Nothing makes people feel at ease more than a very public discussion about pooping… Right?

Fortunately for you, I’m not making this a video or podcast, so you can read it anywhere. Even on a public toilet.

Let’s talk about conservation of energy. Now, I know that’s a scientific principle of something, but I’m no scientist so I’m not sure how accurate I’ll be, but this whole thing seems rather obvious to me. So much so, that I’m more than a little shocked no rabid capitalistas have leapt on the Bidet Bandwagon. And no, that bandwagon doesn’t sound very fun, but we’ll get to the bidet in a moment. First, we need to talk about toilet paper.

We Americans appear to go through about 141 rolls a year per person, at least according to Statista (See link above. -Ed.) Note that the rolls they are referencing are 90 grams (Siri says that’s 3.7 ounces), which I’m assuming are the classic-style rolls. Of course, almost everyone buys the jumbo and mega roll packs, so some basic maths will need to be performed…

Oh, never mind! Some nice person over at The Federalist, a right-wing eTabloid, took care of that for us. Go ahead. Read it. It won’t bite, but you might come away with a spike in your depression for a few days.

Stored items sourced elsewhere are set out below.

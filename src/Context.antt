-- ===== src/Context.antt =====
-- lib/sdoprotctx.c and `sdo_connection_restablish` of lib/sdonet.c: the context of a protocol run,
-- with its connection to a server. The network (network/, and the calls of lib/sdonet.c that reach
-- it) is a parameter, a record of functions on a state of the outside world; a TLS session is part
-- of that world. A socket handle of `none` is SDO_CON_INVALID_HANDLE.
pub mod Run
pub mod Connected
pub mod Finished
use client_sdk.Base.{
  ℕ, zero, suc, Bool, true, false, ◌||◌, Option, none, some, Bytes, ◌==◌, if◌then◌else◌,
}
use client_sdk.Prot.{Address, Prot, sdo_state_error}
use client_sdk.Prot.Machine.{within}

pub data Server : Type 0 where
  manufacturer : Server
  rendezvous : Server
  owner : Server

-- The sign of the number that a transfer returns.
pub data Outcome : Type 0 where
  negative : Outcome
  nothing_moved : Outcome
  positive : Outcome

pub record Network (W : Type 0) : Type 0 where
  -- `sdo_con_setup`; true is a failure.
  pub con_setup : W → W × Bool
  -- `resolve_dn`, for the server whose proxy it looks at, with what its pointer to the address
  -- holds before and after; the flag is a TLS session.
  pub resolve_dn : Server → Address → Option Address → ℕ → Bool → W → W × (Option Address × Bool)
  -- `connect_to_manufacturer`, `connect_to_rendezvous` and `connect_to_owner`: the handle that is
  -- stored before and after, and the result.
  pub connect_to : Server → Option Address → ℕ → Option ℕ → Bool → W → W × (Option ℕ × Bool)
  -- `sdo_con_connect`.
  pub con_connect : Option Address → ℕ → W → W × Option ℕ
  -- `sdo_con_send_message`, of a type and a body.
  pub send_message : Option ℕ → ℕ → Bytes → W → W × Outcome
  -- `sdo_con_recv_msg_header`: the type and the length; `none` is -1.
  pub recv_msg_header : Option ℕ → W → W × Option (ℕ × ℕ)
  -- `sdo_con_recv_msg_body`, of a length, into a buffer that it is given and returns.
  pub recv_msg_body : Option ℕ → ℕ → Bytes → W → W × (Outcome × Bytes)
  -- `sdo_con_disconnect`; true is a failure.
  pub disconnect : Option ℕ → W → W × Bool
  pub teardown : W → W

-- `sdo_prot_ctx_t`, with the static `prevstate` of `sdo_prot_ctx_connect` and the outside world.
pub record Context (W : Type 0) : Type 0 where
  pub world : W
  pub prevstate : ℕ
  pub host_ip : Option Address
  pub host_dns : Option Address
  pub resolved_ip : Option Address
  pub host_port : ℕ
  pub tls : Bool
  pub sock_hdl : Option ℕ
  pub protdata : Prot

abbrev pub owner_connect_retries : ℕ
owner_connect_retries = 2

abbrev is_none : Option Address → Bool
is_none none = true
is_none (some a) = false

-- A new context: `none` where no address is given or the allocation fails. The memory is taken to
-- be cleared, as `sdo_alloc` does.
unfoldable pub sdo_prot_ctx_alloc :
    {W : Type 0}
    → W
    → ℕ
    → Bool
    → Prot
    → Option Address
    → Option Address
    → ℕ
    → Bool
    → Option (Context W)
sdo_prot_ctx_alloc w prevstate allocated protdata none none port tls = none
sdo_prot_ctx_alloc w prevstate allocated protdata host_ip host_dns port tls =
    if allocated
    then some (record {
      world = w;
      prevstate = prevstate;
      host_ip = host_ip;
      host_dns = host_dns;
      resolved_ip = none;
      host_port = port;
      tls = tls;
      sock_hdl = none;
      protdata = protdata;
    })
    else none

-- The cases of the switch that go on to `connect_to_…`.
unfoldable pub server_of : ℕ → Option Server
server_of state =
    if within 10 13 state
    then some manufacturer
    else if within 30 33 state
    then some rendezvous
    else if within 40 51 state
    then some owner
    else none

-- The cases that resolve a host name first.
abbrev pub resolves : ℕ → Bool
resolves state = within 10 11 state || within 30 31 state || within 40 41 state

-- Only the rendezvous server is reached through TLS.
abbrev pub tls_for : Server → Bool → Bool
tls_for manufacturer tls = false
tls_for rendezvous tls = tls
tls_for owner tls = false

-- A run in the error state goes back to the state of the last connection.
unfoldable pub restored : {W : Type 0} → Context W → Context W
restored c =
    if c.protdata.state == sdo_state_error
    then record c { protdata = record c.protdata { state = c.prevstate } }
    else c

module _ {W : Type 0} (net : Network W) where
  unfoldable pub resolved : Context W → W × (Option Address × Bool) → Context W × Bool
  resolved c (w, (ip, false)) = (record c { world = w; resolved_ip = ip }, false)
  resolved c (w, (ip, true)) = (record c { world = w; resolved_ip = ip; host_ip = ip }, true)

  unfoldable pub resolve_host : Server → Context W → Option Address → Context W × Bool
  unfolding resolved
  resolve_host server c none = (c, true)
  resolve_host server c (some dn) =
      resolved c (net.resolve_dn server dn c.resolved_ip c.host_port (tls_for server c.tls) c.world)

  unfoldable pub find_host : Server → Context W → Context W × Bool
  unfolding resolve_host
  find_host server c =
      if resolves c.protdata.state then resolve_host server c c.host_dns else (c, true)

  unfoldable pub open_connection : Server → Context W × Bool → Context W × Bool
  open_connection server (c, false) = (c, false)
  open_connection server (c, true) =
      let got =
        net.connect_to server c.host_ip c.host_port c.sock_hdl (tls_for server c.tls) c.world in
      (record c { world = got.0; sock_hdl = got.1.0 }, got.1.1)

  unfoldable pub connect_server : Option Server → Context W → Context W × Bool
  unfolding find_host open_connection
  connect_server none c = (c, false)
  connect_server (some server) c = open_connection server (find_host server c)

  unfoldable pub sdo_prot_ctx_connect : Context W → Context W × Bool
  unfolding restored server_of connect_server
  sdo_prot_ctx_connect c =
      let r = restored c in
      let done = connect_server (server_of r.protdata.state) r in
      (record done.0 { prevstate = done.0.protdata.state }, done.1)

  -- True is the failure, -1: no try has given a handle.
  unfoldable pub reconnect : ℕ → Context W → Context W × Bool
  reconnect zero c =
      let got = net.con_connect c.host_ip c.host_port c.world in
      (record c { world = got.0; sock_hdl = got.1 }, is_none got.1)
  reconnect (suc retries) c =
      let got = net.con_connect c.host_ip c.host_port c.world in
      let c' = record c { world = got.0; sock_hdl = got.1 } in
      elim got.1 [ none ↦ reconnect retries c' | some handle ↦ (c', false) ]

  unfoldable pub sdo_connection_restablish : Context W → Context W × Bool
  unfolding reconnect
  sdo_connection_restablish c = reconnect owner_connect_retries c

  -- Behind a transfer that failed: true where the retries are given up.
  unfoldable pub renew : Context W → Context W × Bool
  unfolding sdo_connection_restablish
  renew c =
      let closed = net.disconnect c.sock_hdl c.world in
      if closed.1
      then (record c { world = closed.0 }, true)
      else sdo_connection_restablish (record c { world = closed.0 })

You see, he says the maths are all wrong because we aren’t buying those dinky little old-timey toilet paper rolls. No, we are, as I just mentioned, buying those large rolls so… We’re not really using a 141 rolls a year, per American, mind you, we’re really using 56.

And that’s a whole lot less than 141… Right?

I guess the simple fact that slipped past this stable genius is that the heavier rolls are longer and have more material in them. You know, all those plys, they come from somewhere, dude. Go to Costco, Walmart, Sam’s Club, or any big box store that carries toilet paper, and you’ll find stacks of “Double” and “Triple” roll options.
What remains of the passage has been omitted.